熟成終了後、室温(25℃)まで冷却し、200メッシュのナイロンクロスで濾過した後、10%のN−メチルジエタノールアミン水溶液を24質量部加えたところ、重量平均粒子径0.135μm、不揮発分(樹脂固形分)50質量%の水性エマルションを得た。
(実施例2)
実施例1において、中和剤としてN−エチルジエタノールアミンを使用する以外は、実施例1と同様の方法で乳化重合を行い、水性エマルションを得た。
(実施例3)
実施例1において、初期重合時に投入するプレ乳化液の添加量を1質量部から5質量部に変更する以外は、実施例1と同様の方法で乳化重合を行い、水性エマルションを得た。
(実施例4)
実施例3において、中和剤としてN−エチルジエタノールアミンを使用する以外は、実施例3と同様の方法で乳化重合を行い、水性エマルションを得た。
(実施例5)
実施例1において、アクリル酸の添加量を4質量部から6質量部に変更する以外は、実施例1と同様の方法で乳化重合を行い、水性エマルションを得た。
(実施例6)
実施例5において、中和剤としてN−エチルジエタノールアミンを使用する以外は、実施例5と同様の方法で乳化重合を行い、水性エマルションを得た。
(実施例7)
実施例5において、初期重合時に投入するプレ乳化液の添加量を1質量部から5質量部に変更する以外は、実施例5と同様の方法で乳化重合を行い、水性エマルションを得た。
(実施例8)
実施例7において、中和剤としてN−エチルジエタノールアミンを使用する以外は、実施例7と同様の方法で乳化重合を行い、水性エマルションを得た。
(比較例1)
実施例1において、中和剤としてN,N−ジメチルエタノールアミンを使用する以外は、実施例1と同様の方法で乳化重合を行い、比較水性エマルションを得た。
(比較例2)
実施例3において、中和剤としてN,N−ジメチルエタノールアミンを使用する以外は、実施例3と同様の方法で乳化重合を行い、比較水性エマルションを得た。
(比較例3)
実施例5において、中和剤としてN,N−ジメチルエタノールアミンを使用する以外は、実施例5と同様の方法で乳化重合を行い、比較水性エマルションを得た。
(比較例4)
実施例7において、中和剤としてN,N−ジメチルエタノールアミンを使用する以外は、実施例7と同様の方法で乳化重合を行い、比較水性エマルションを得た。
<評価方法>
上記実施例1〜8及び比較例1〜4で得られた水性エマルションおよび比較水性エマルションのアルカリ増粘性を下記の方法で評価した。
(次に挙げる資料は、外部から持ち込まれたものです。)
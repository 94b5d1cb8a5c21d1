-- ===== src/Storage/Consistent.antt =====
-- The invariant of `memoryStorage`, and that it is kept by the changes of the index.
use interactsh_lite.Storage.Tables.{
  Index, Inv, unlink, promote, link, unlink-Inv, promote-Inv, link-Inv,
}
use interactsh_lite.Storage.{MemoryStorage}
use interactsh_lite.Prelude.{
  ℕ, suc, ◌<◌, ◌≡◌, refl, none, some, Bytes, equal, equal_iff, lookup, remove, lookup-insert,
  lookup-remove, arith, if◌then◌else◌, if◌then◌else◌,
}

-- The index is consistent, its pointers were allocated, and no two IDs share a session.
pub record IsConsistent (x : Index) (next : ℕ) : Type 0 where
  pub inv : Inv x
  pub allocated : (id : Bytes) (p : ℕ) → lookup id x.sessions ≡ some p → p < next
  pub separate :
      (id j : Bytes) (p : ℕ) → lookup id x.sessions ≡ some p → lookup j x.sessions ≡ some p → id ≡ j

abbrev pub IsValid : {H : Type 0} → MemoryStorage H → Type 0
IsValid m = IsConsistent m.index m.next_session

pub unlink_sessions : (id : Bytes) (x : Index) → (unlink id x).sessions ≡ remove id x.sessions
unfolding unlink
unlink_sessions id x = ground arith

pub promote_sessions : (id : Bytes) (x : Index) → (promote id x).sessions ≡ x.sessions
unfolding promote
promote_sessions id x = ground arith

pub lookup-unlink :
    (id j : Bytes) (x : Index)
    → lookup j (unlink id x).sessions ≡ (if equal id j then none else lookup j x.sessions)
lookup-unlink id j x = rw unlink_sessions (lookup-remove id j x.sessions)

pub unlink-IsConsistent :
    (id : Bytes) (x : Index) (n : ℕ) → IsConsistent x n → IsConsistent (unlink id x) n
unlink-IsConsistent id x n v = record {
  inv = unlink-Inv id x v.inv;
  allocated = λ j p h. v.allocated j p (ground (arith, lookup-unlink id j x, h));
  separate = λ i j p h k.
      v.separate i j p (ground (arith, lookup-unlink id i x, h))
        (ground (arith, lookup-unlink id j x, k));
}

pub promote-IsConsistent :
    (id : Bytes) (x : Index) (n : ℕ) → IsConsistent x n → IsConsistent (promote id x) n
promote-IsConsistent id x n v = record {
  inv = promote-Inv id x v.inv;
  allocated = λ j p h. v.allocated j p (rw promote_sessions at h);
  separate = λ i j p h k. v.separate i j p (rw promote_sessions at h) (rw promote_sessions at k);
}

pub link-IsConsistent :
    (id : Bytes) (x : Index) (n : ℕ)
    → lookup id x.sessions ≡ none
    → IsConsistent x n
    → IsConsistent (link id n x) (suc n)
unfolding link
link-IsConsistent id x n e v = record {
  inv = unfold link in link-Inv id n x e v.inv;
  allocated = λ j p h. ground (arith, h, v.allocated j p, lookup-insert id j n x.sessions);
  separate = λ i j p h k. ground (
    arith,
    h,
    k,
    v.separate i j p,
    v.allocated i p,
    v.allocated j p,
    lookup-insert id i n x.sessions,
    lookup-insert id j n x.sessions,
    equal_iff id i,
    equal_iff id j,
  );
}

pub lookup-promote :
    (id j : Bytes) (x : Index) → lookup j (promote id x).sessions ≡ lookup j x.sessions
lookup-promote id j x = rw promote_sessions refl

pub lookup-link :
    (id j : Bytes) (p : ℕ) (x : Index)
    → lookup j (link id p x).sessions ≡ (if equal id j then some p else lookup j x.sessions)
unfolding link
lookup-link id j p x = lookup-insert id j p x.sessions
また、各例で得られた水性エマルションを使用して、塗膜を形成し、その物性を下記の試験方法で評価した。結果を表1に示す。
<アルカリ増粘性>
実施例1〜8及び比較例1〜4で得られた各水性エマルションの各中和剤で中和する前の粘度とpHを8に調整した時の粘度の比からアルカリ増粘率を評価した。粘度測定は、B型粘度計(ロータNo.4)を用い、25℃で60rpmと6rpmに於ける粘度を測定した。
Figure 0005484878
<塗膜形成方法>
上記実施例1〜8及び比較例1〜4で得られた水性エマルションおよび比較水性エマルション(樹脂固形分 50%)を、それぞれ、各中和剤でpHを8に調整した後、乾燥後の膜厚が3ミルとなるように、ガラス板上に塗膜化し、110℃で1分間乾燥させたものを試験片とした。
<耐水白化性、剥離性評価>
25℃の水中に試験片を24時間浸漬させ、塗膜状態を目視で観察し、次の基準で評価した。
◎ :24時間後でも初期と変化なし。
○ :12時間以内に白化または剥離した。
× :1時間以内に白化または剥離した。
Figure 0005484878
表1から明らかなように、200〜300℃の沸点を有するアルカノールアミンを中和剤として使用した本発明の水性樹脂組成物を用いて形成した塗膜は、塗膜白化剥離性能に影響を受けることなく、高いアルカリ増粘効果を示し、チクソトロピー性能も良好である。一方、比較例1〜4においては、実施例に比べて上記性能は劣っていた。

Claims (2)

  1. 不飽和カルボン酸モノマーの含有量がモノマーの合計質量100質量部に対して0.1〜5質量部であるアクリル系樹脂、および200〜300℃の沸点を有するジアルキルモノアルカノールアミン、またはモノアルキルジアルカノールアミンを水性樹脂組成物中の全樹脂固形分100質量部に対して0.5〜5質量部、または水性樹脂組成物のpHが7.0〜8.5になるように含む塗料用水性樹脂エマルジョン組成物(ただし、ポリウレタン樹脂を含むものを除く)。
  2. 前記モノアルキルジアルカノールアミンが、モノメチルジアルカノールアミンまたはモノエチルジアルカノールアミンである、請求項に記載の水性樹脂組成物。